She has told me that she does get jealous from time to time, but she expresses it in a quiet way! At any rate I am very happy and so is she! Thank you for your time!


----------



## credamdóchasgra

I think trusting you and not being jealous shows respect.
I was with a guy who was crazy jealous for no reasons, and it was very depressing.
My husband also doesn't get jealous and he trusts me completely, so I feel respected and comfortable.
The real issue may not be her lack of jealousy, but what you interpret it to mean: that she doesn't care about you.
But if you know that she does, try to see that this is a good thing.
_Posted via Mobile Device_


----------



## manowoe

That is awesome! Be glad and if you don't do anything too violate her trust you will be golden!


----------



## whywhywhy

Don't let your insecurities f up your relationship. I am honest and open and non jealous...in return I have a jealous spouse that thinks I am always up to something. I have never given hm reason. He is just certifiably insane...for reals. Just trust and have faith. Don't ruin your life over your own **** and don't ruin hers. Live happily ever after...


----------



## NextTimeAround

If you have done nothing to concern her, then she doesn't feel the need to check. I never thought of going through ny husband's stuff even while we were married. I was even surprised that he asked me to answer his cell phone. 
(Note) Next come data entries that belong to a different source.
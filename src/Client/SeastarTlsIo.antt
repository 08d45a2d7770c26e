-- ===== src/Client/SeastarTlsIo.antt =====
-- client/seastar_io/SeastarTLS_IO.{hh,cc}: SeastarIO with credentials. It overrides `reconnect`, whose
-- timer first builds the credentials; all else is inherited.
pub mod Credentials
use distributed_logger.Base.{ℕ, suc, ◌-◌, Bool, true, false, ◌&&◌, List, if◌then◌else◌}
use distributed_logger.Client.PosixIo.State.{is_empty}
use distributed_logger.Client.SeastarIo
use distributed_logger.Client.SeastarIo.{SeastarIo}

-- The fields of the class beside those that it inherits; `building` counts the calls of
-- `buildClientCredentials` under way.
pub record SeastarTlsIo : Type 0 where
  pub io : SeastarIo
  pub certificate : List ℕ
  pub key : List ℕ
  pub trusted : List ℕ
  pub building : ℕ

-- The constructor.
unfoldable pub make : List ℕ → List ℕ → List ℕ → SeastarTlsIo
make certificate key trusted = record {
  io = SeastarIo.make;
  certificate = certificate;
  key = key;
  trusted = trusted;
  building = 0;
}

-- What the builder's operations answer: whether each has no exception.
pub record BuilderReply : Type 0 where
  pub trust_file : Bool
  pub key_file : Bool
  pub credentials : Bool

-- `buildClientCredentials`, as whether its future has a value.
unfoldable pub build_client_credentials : BuilderReply → SeastarTlsIo → Bool
build_client_credentials r t =
    if is_empty t.trusted
    then r.key_file && r.credentials
    else r.trust_file && (r.key_file && r.credentials)

-- `reconnect`
unfoldable pub reconnect : SeastarTlsIo → SeastarTlsIo
reconnect t = if t.io.timer_armed then t else record t { io = record t.io { timer_armed = true } }

-- The callback of the timer.
unfoldable pub timer_fires : SeastarTlsIo → SeastarTlsIo
timer_fires t = record t { io = record t.io { timer_armed = false }; building = suc t.building }

-- What follows the credentials. The handler of exceptions stands behind `seastar::tls::connect` only.
unfoldable pub credentials_complete : BuilderReply → SeastarTlsIo → SeastarTlsIo
unfolding build_client_credentials
credentials_complete r t =
    let t' = record t { building = t.building - 1 } in
    if build_client_credentials r t
    then record t' { io = record t.io { connecting = suc t.io.connecting } }
    else t'

-- What follows `seastar::tls::connect`, with or without a socket.
unfoldable pub connect_completes : Bool → SeastarTlsIo → SeastarTlsIo
unfolding reconnect SeastarIo.initialize_connected_socket
connect_completes ok t =
    let t' = record t { io = record t.io { connecting = t.io.connecting - 1 } } in
    if ok then record t' { io = SeastarIo.initialize_connected_socket t'.io } else reconnect t'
One time he left his work e-mail account open for more than an hour while he went somewhere. Thinking about that, I may have seen an e-mail or two in which he may have been grooming the secretary with whom he had had an affair.

I didn't really think about going through my fiance's stuff until I felt 2 things 1) some things didn't add up; 2) he was asking for more of my (valuable) time.

Give her a reason not to trust you, then she'll be going through your stuff.


----------



## 45188

I wasn't jealous either until my boyfriend gave me a reason to be. Then out came its big ugly green head. I snooped through his facebook messages and everything!


----------



## galian84

Hmm, I can understand why you're a little concerned  I personally think a little bit of jealousy is cute. Too much jealousy is a pain in the a** to deal with, I agree. 

People usually don't get jealous because they just trust you completely (which is great! I think they in turn, are trustworthy people themselves), or they simply don't care. But has she given you any other reason to think she doesn't care?

A lot of times, the people who are extremely jealous usually have something to hide, themselves.

I wasn't jealous normally, and then my boyfriend gave me a reason to be (unintentionally, but still). I got on his case about it, and luckily, he has since quashed the problem.


----------